Your goal ▸
Copy word for word, please, the lines of the entries below running from the one containing "-- the channel and sleeps for the interval." to the one containing "w).state.last_sent_packet_at ≡ w.state.last_sent_packet_at", both ends included.

Records drawn from a dataset ▸
▼
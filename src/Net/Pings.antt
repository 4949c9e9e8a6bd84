-- ===== src/Net/Pings.antt =====
-- When `keep_alive` sends a PINGREQ.
use mesquitte_client.Base.{
  ℕ, ◌+◌, ◌-◌, ◌≤◌, ◌<◌, ◌≡◌, refl, sym, ap, ◌∙◌, true, false, none, some, List, [], ◌∷◌, ◌++◌, leb,
  arith, length, length-append,
}
use mathlib.Core.List.{append-nil, append_assoc}
use mesquitte_client.Codec.{Codec}
use mesquitte_client.Packets.{VariablePacket, PacketAndToken, packet_only}
use mesquitte_client.State.{Cache, World}
use mesquitte_client.Net.KeepAlive.{Tick, Pause, sleep, sleep_until, keep_alive_round, keep_alive}

module _ {k : Codec} {c : Cache k.PublishPacket} where
  -- What a PINGREQ in the channel makes of the state.
  abbrev pub pinged : List (PacketAndToken k) → World k c → World k c
  pinged sent w = record w {
    state = record (w.state) {
      outgoing_tx = some (sent ++ packet_only VariablePacket.pingreq ∷ []);
    };
  }

  round_pings :
      (duration : ℕ) (t : Tick k c) (w : World k c) (sent : List (PacketAndToken k))
      → t.exit ≡ false
      → t.accepted ≡ true
      → w.state.outgoing_tx ≡ some sent
      → duration ≤ t.now - w.state.last_sent_packet_at
      → keep_alive_round duration t w ≡ some (pinged sent w, sleep duration)
  unfolding keep_alive_round
  round_pings duration t w sent stays taken channel due =
      let over : leb duration (t.now - w.state.last_sent_packet_at) ≡ true = ground arith in
      rw (stays, over, channel, taken)

  round_waits :
      (duration : ℕ) (t : Tick k c) (w : World k c)
      → t.exit ≡ false
      → t.now - w.state.last_sent_packet_at < duration
      → keep_alive_round duration t w
        ≡ some (w, sleep_until (t.later + (duration - (t.now - w.state.last_sent_packet_at))))
  unfolding keep_alive_round
  round_waits duration t w stays early =
      let recent : leb duration (t.now - w.state.last_sent_packet_at) ≡ false = ground arith in
      rw (stays, recent)

  sleep_then :
      (duration : ℕ) (t : Tick k c) (ticks : List (Tick k c)) (w w' : World k c) (d : ℕ)
      → keep_alive_round duration t w ≡ some (w', sleep d)
      → keep_alive duration (t ∷ ticks) w ≡ elim (keep_alive duration ticks (t.others w')) [
        | none ↦ none
        | some (w'', pauses) ↦ some (w'', sleep d ∷ pauses)
      ]
  unfolding keep_alive
  sleep_then duration t ticks w w' d h = rw (keep_alive, h)

  sleep_until_then :
      (duration : ℕ) (t : Tick k c) (ticks : List (Tick k c)) (w w' : World k c) (d : ℕ)
      → keep_alive_round duration t w ≡ some (w', sleep_until d)
      → keep_alive duration (t ∷ ticks) w ≡ elim (keep_alive duration ticks (t.others w')) [
        | none ↦ none
        | some (w'', pauses) ↦ some (w'', sleep_until d ∷ pauses)
      ]
  unfolding keep_alive
  sleep_until_then duration t ticks w w' d h = rw (keep_alive, h)

  one_ping :
      (duration : ℕ) (t : Tick k c) (w : World k c) (sent : List (PacketAndToken k))
      → t.exit ≡ false
      → t.accepted ≡ true
      → w.state.outgoing_tx ≡ some sent
      → duration ≤ t.now - w.state.last_sent_packet_at
      → keep_alive duration (t ∷ []) w ≡ some (t.others (pinged sent w), sleep duration ∷ [])
  unfolding keep_alive
  one_ping duration t w sent stays taken channel due =
      sleep_then duration t [] w (pinged sent w) duration
        (round_pings duration t w sent stays taken channel due)

-- When the last packet is younger than the interval, `keep_alive` sleeps until it is as old as that; if
-- then nothing was sent in the meantime, the channel is open and takes packets, it puts one PINGREQ into
-- the channel and sleeps for the interval.
pub keep_alive_lem :
    {k : Codec} {c : Cache k.PublishPacket} (duration : ℕ) (t t' : Tick k c) (w : World k c)
    (sent : List (PacketAndToken k))
    → t.exit ≡ false
    → t'.exit ≡ false
    → t'.accepted ≡ true
    → w.state.last_sent_packet_at ≤ t.now
    → t.now ≤ t.later
    → t.now < w.state.last_sent_packet_at + duration
    → (t.others w).state.last_sent_packet_at ≡ w.state.last_sent_packet_at
    → (t.others w).state.outgoing_tx ≡ some sent
    → t.later + (duration - (t.now - w.state.last_sent_packet_at)) ≤ t'.now
    → keep_alive duration (t ∷ t' ∷ []) w
      ≡ some (
        t'.others (pinged sent (t.others w)),
        sleep_until (t.later + (duration - (t.now - w.state.last_sent_packet_at)))
            ∷ sleep duration
            ∷ [],
      )
keep_alive_lem duration t t' w sent stays stays' taken past clock early quiet channel woken =
    let first = round_waits duration t w stays (omega arith) in
    let second =
      one_ping duration t' (t.others w) sent stays' taken channel (omega (arith, quiet)) in
    sleep_until_then duration t (t' ∷ []) w w _ first ∙ (rw second)

-- A round in which nobody else does anything
abbrev pub quiet_tick : {k : Codec} {c : Cache k.PublishPacket} → (now later : ℕ) → Tick k c
quiet_tick now later = record {
  exit = false;
  now = now;
  later = later;
  accepted = true;
  others = λ w. w;
}

-- The packets that the channel has room for
abbrev pub capacity : ℕ
capacity = 8

-- Rounds in which nobody else does anything, each at its time
abbrev pub quiet_ticks : {k : Codec} {c : Cache k.PublishPacket} → List ℕ → List (Tick k c)
quiet_ticks [] = []
quiet_ticks (now ∷ times) = quiet_tick now now ∷ quiet_ticks times

abbrev pub pings : (k : Codec) → List ℕ → List (PacketAndToken k)
pings k [] = []
pings k (now ∷ times) = packet_only VariablePacket.pingreq ∷ pings k times

abbrev pub no_pauses : List ℕ → List Pause
no_pauses [] = []
no_pauses (now ∷ times) = sleep 0 ∷ no_pauses times

-- With a keep-alive of 0, which turns it off in MQTT, `keep_alive` sends at once: as long as no more packets
-- have gone into the channel than the eight that it has room for, where it is open and nobody else is at
-- work, each round, whenever it comes, puts a PINGREQ into the channel and sleeps for no time.
pub keep_alive_zero :
    {k : Codec} {c : Cache k.PublishPacket} (times : List ℕ) (w : World k c)
    (sent : List (PacketAndToken k))
    → w.state.outgoing_tx ≡ some sent
    → length sent + length times ≤ capacity
    → (w' : World k c) × (keep_alive 0 (quiet_ticks times) w ≡ some (w', no_pauses times))
      × (w'.state.outgoing_tx ≡ some (sent ++ pings k times))
unfolding keep_alive
keep_alive_zero [] w sent channel room = (w, refl, channel ∙ ap some (sym (append-nil sent)))
keep_alive_zero {k} {c} (now ∷ times) w sent channel room =
    let t : Tick k c = quiet_tick now now in
    let ping : List (PacketAndToken k) = packet_only VariablePacket.pingreq ∷ [] in
    let first : keep_alive_round 0 t w ≡ some (pinged sent w, sleep 0) =
      round_pings 0 t w sent refl refl channel (omega arith) in
    let longer = length-append sent ping in
    let (w', run, ended) =
      keep_alive_zero times (pinged sent w) (sent ++ ping) refl (omega (arith, longer, room)) in
    (
      w',
      sleep_then 0 t (quiet_ticks times) w (pinged sent w) 0 first ∙ (rw run),
      ended ∙ ap some (append_assoc sent ping (pings k times)),
    )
▲
Response ▸
-- the channel and sleeps for the interval.
pub keep_alive_lem :
    {k : Codec} {c : Cache k.PublishPacket} (duration : ℕ) (t t' : Tick k c) (w : World k c)
    (sent : List (PacketAndToken k))
    → t.exit ≡ false
    → t'.exit ≡ false
    → t'.accepted ≡ true
    → w.state.last_sent_packet_at ≤ t.now
    → t.now ≤ t.later
    → t.now < w.state.last_sent_packet_at + duration
    → (t.others w).state.last_sent_packet_at ≡ w.state.last_sent_packet_at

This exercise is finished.